(Extracted data entries)
++++++++++

-- ===== src/Poller/Retry.antt =====
-- What a poll leaves for the next one.
use osubot_rs.Prelude.{
  ℕ, ◌≡◌, refl, true, false, not, List, [], ◌∷◌, Option, none, some, arith, All, inl, inr,
  Bool-cases, ◌∙◌, sym, is_some,
}
use osubot_rs.MatchListener.{
  LegacyMatchEvent, ListenerCursor, NotificationAction, text, image, StateMachineOutput,
  process_events, initial,
}
use osubot_rs.MatchListener.Cursor.{NotAfter, Ascending, process_events-NotAfter}
use osubot_rs.MatchListener.Notified.{After, Rising, event_id_of, end_of, process_events-Rising}
use osubot_rs.MatchListener.Sequel.{next_cursor, process_events_again, NotAfter-refl}
use osubot_rs.Poller.{
  MatchListenConfig, Channel, send_notification, should_emit_notification,
  apply_acknowledged_notification, deliver, progress_of, process_one, same_id,
}

NotAfter-After : (a last : Option ℕ) (id : ℕ) → NotAfter a last → After last id → After a id
NotAfter-After a last id h r = ground arith

NotAfter-trans : (a b c : Option ℕ) → NotAfter a b → NotAfter b c → NotAfter a c
NotAfter-trans a b c h k = ground arith

module _ {Content : Type 0} where
  -- No notification of a rising list is of an event at or before the cursor.
  Rising-After :
      (a last : Option ℕ) (k : ℕ) (ns : List (NotificationAction Content))
      → NotAfter a last
      → Rising last k ns
      → All (λ n. After a (event_id_of n)) ns
  Rising-After a last k [] h r = tt
  Rising-After a last k (n ∷ ns) h r =
      (ground arith, Rising-After a (some (event_id_of n)) k ns (ground arith) r.2)

  -- Acknowledging leaves the cursor where it is, or takes it to the notification's event.
  acknowledged-NotAfter :
      (c : ListenerCursor) (n : NotificationAction Content)
      → After c.last_event_id (event_id_of n)
      → NotAfter (apply_acknowledged_notification c n).last_event_id (some (event_id_of n))
        × NotAfter c.last_event_id (apply_acknowledged_notification c n).last_event_id
  unfolding apply_acknowledged_notification
  acknowledged-NotAfter c (text id event_type t) a = (ground arith, ground arith)
  acknowledged-NotAfter c (image id label played_at game) a =
      (ground (arith, NotAfter-refl c.last_event_id), ground (arith, NotAfter-refl c.last_event_id))

  deliver-After :
      (cfg : MatchListenConfig) (ch : Channel Content) (c : ListenerCursor) (last : Option ℕ)
      (k : ℕ) (ns : List (NotificationAction Content))
      → NotAfter c.last_event_id last
      → Rising last k ns
      → All
          (λ n. After (deliver cfg ch c ns).0.last_event_id (event_id_of n))
          (deliver cfg ch c ns).1
        × NotAfter c.last_event_id (deliver cfg ch c ns).0.last_event_id
  unfolding deliver
  deliver-After cfg ch c last k [] h r = (tt, NotAfter-refl c.last_event_id)
  deliver-After cfg ch c last k (n ∷ ns) h r =
      let a =
        acknowledged-NotAfter c n (NotAfter-After c.last_event_id last (event_id_of n) h r.0) in
      let c' = apply_acknowledged_notification c n in
      let i = deliver-After cfg ch c' (some (event_id_of n)) k ns a.0 r.2 in
      let on = NotAfter-trans c.last_event_id c'.last_event_id _ a.1 i.1 in
      elim (Bool-cases (not (should_emit_notification cfg n))) [
        | inl e ↦ rw (e) (i.0, on)
        | inr e ↦ rw (e) (elim (Bool-cases (send_notification ch n)) [
          | inl s ↦ rw (s) (i.0, on)
          | inr s ↦
              rw (s)
                (Rising-After c.last_event_id last k (n ∷ ns) h r, NotAfter-refl c.last_event_id)
        ])
      ]

  progress_of-After :
      (c : ListenerCursor) (output : StateMachineOutput Content)
      (d : ListenerCursor × List (NotificationAction Content))
      → NotAfter c.last_event_id output.new_last_event_id
      → All (λ n. After d.0.last_event_id (event_id_of n)) d.1
      → NotAfter c.last_event_id d.0.last_event_id
      → All
          (λ n. After (progress_of c output d).final_cursor.last_event_id (event_id_of n))
          (progress_of c output d).undelivered
        × NotAfter c.last_event_id (progress_of c output d).final_cursor.last_event_id
  progress_of-After c output (a, []) o h l = (tt, o)
  progress_of-After c output (a, n ∷ ns) o h l = (h, l)

same_id_refl : (a : Option ℕ) → same_id a a ≡ true
same_id_refl none = refl
same_id_refl (some a) = ground arith

-- For events with rising ids, whichever messages are delivered: the events of the notifications that a
-- poll did not deliver lie behind the cursor that it stores, and that cursor is not before the one it
-- began with.
pub process_one_retries :
    {Content : Type 0} (cfg : MatchListenConfig) (ch : Channel Content) (c : ListenerCursor)
    (es : List (LegacyMatchEvent Content))
    → Ascending 0 es
    → All
        (λ n. After (process_one cfg ch c es).final_cursor.last_event_id (event_id_of n))
        (process_one cfg ch c es).undelivered
      × NotAfter c.last_event_id (process_one cfg ch c es).final_cursor.last_event_id
unfolding process_one
process_one_retries cfg ch c es h =
    let o = process_events c es in
    let d =
      deliver-After cfg ch c c.last_event_id (end_of 0 es) o.notifications
        (NotAfter-refl c.last_event_id) (process_events-Rising c es h) in
    progress_of-After c o (deliver cfg ch c o.notifications) (process_events-NotAfter c es) d.0 d.1

-- What a poll that delivers everything stores, as a function of what the state machine gives.
progress_of_delivered :
    {Content : Type 0} (c : ListenerCursor) (output : StateMachineOutput Content)
    (d : ListenerCursor × List (NotificationAction Content))
    → (progress_of c output d).undelivered ≡ []
    → ((progress_of c output d).final_cursor ≡ next_cursor output)
      × ((progress_of c output d).stopped ≡ is_some output.stop_reason)
progress_of_delivered c output (a, []) h = (refl, refl)
progress_of_delivered c output (a, n ∷ ns) h = absurd (ground arith)

-- A poll on a response that gives nothing new.
process_one_quiet :
    {Content : Type 0} (cfg : MatchListenConfig) (ch : Channel Content) (c : ListenerCursor)
    (es : List (LegacyMatchEvent Content))
    → process_events c es ≡ initial c
    → process_one cfg ch c es ≡ record {
      final_cursor = c;
      touch_last_notified_at = false;
      stopped = false;
      undelivered = [];
    }
unfolding process_one deliver
process_one_quiet cfg ch c es e = rw (e, same_id_refl c.last_notified_event_id) refl

none-is_some : {A : Type 0} (o : Option A) → is_some o ≡ false → o ≡ none
none-is_some none h = refl
none-is_some (some a) h = absurd (ground arith)

again_quiet :
    {Content : Type 0} (cfg : MatchListenConfig) (ch : Channel Content) (c : ListenerCursor)
    (es : List (LegacyMatchEvent Content))
    → Ascending 0 es
    → (process_one cfg ch c es).undelivered ≡ []
    → (process_one cfg ch c es).stopped ≡ false
    → process_events (process_one cfg ch c es).final_cursor es
      ≡ initial (process_one cfg ch c es).final_cursor
unfolding process_one
again_quiet cfg ch c es h u s =
    let o = process_events c es in
    let (at, stop) = progress_of_delivered c o (deliver cfg ch c o.notifications) u in
    rw (at) (process_events_again c es h (none-is_some o.stop_reason (sym stop ∙ s)))

-- For events with rising ids: once a poll has handled all its notifications and did not stop the
-- listener, a poll of the same response, with any settings and whatever can be sent, leaves the cursor,
-- does not touch the time of the last notification, and sends nothing.
pub process_one_again :
    {Content : Type 0} (cfg cfg' : MatchListenConfig) (ch ch' : Channel Content)
    (c : ListenerCursor) (es : List (LegacyMatchEvent Content))
    → Ascending 0 es
    → (process_one cfg ch c es).undelivered ≡ []
    → (process_one cfg ch c es).stopped ≡ false
    → process_one cfg' ch' (process_one cfg ch c es).final_cursor es ≡ record {
      final_cursor = (process_one cfg ch c es).final_cursor;
      touch_last_notified_at = false;
      stopped = false;
      undelivered = [];
    }
process_one_again cfg cfg' ch ch' c es h u s =
    process_one_quiet cfg' ch' (process_one cfg ch c es).final_cursor es
      (again_quiet cfg ch c es h u s)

++++++++++

## WHAT NEEDS TO BE DONE
Return, word for word, the lines of the data above from the line with "NotAfter c.last_event_id (apply_acknowledged_notification" through the line with "(e) (i.0, on)", inclusive.

## WRITTEN RESPONSE
        × NotAfter c.last_event_id (apply_acknowledged_notification c n).last_event_id
  unfolding apply_acknowledged_notification
  acknowledged-NotAfter c (text id event_type t) a = (ground arith, ground arith)
  acknowledged-NotAfter c (image id label played_at game) a =
      (ground (arith, NotAfter-refl c.last_event_id), ground (arith, NotAfter-refl c.last_event_id))

  deliver-After :
      (cfg : MatchListenConfig) (ch : Channel Content) (c : ListenerCursor) (last : Option ℕ)
      (k : ℕ) (ns : List (NotificationAction Content))
      → NotAfter c.last_event_id last
      → Rising last k ns
      → All
          (λ n. After (deliver cfg ch c ns).0.last_event_id (event_id_of n))
          (deliver cfg ch c ns).1
        × NotAfter c.last_event_id (deliver cfg ch c ns).0.last_event_id
  unfolding deliver
  deliver-After cfg ch c last k [] h r = (tt, NotAfter-refl c.last_event_id)
  deliver-After cfg ch c last k (n ∷ ns) h r =
      let a =
        acknowledged-NotAfter c n (NotAfter-After c.last_event_id last (event_id_of n) h r.0) in
      let c' = apply_acknowledged_notification c n in
      let i = deliver-After cfg ch c' (some (event_id_of n)) k ns a.0 r.2 in
      let on = NotAfter-trans c.last_event_id c'.last_event_id _ a.1 i.1 in
      elim (Bool-cases (not (should_emit_notification cfg n))) [
        | inl e ↦ rw (e) (i.0, on)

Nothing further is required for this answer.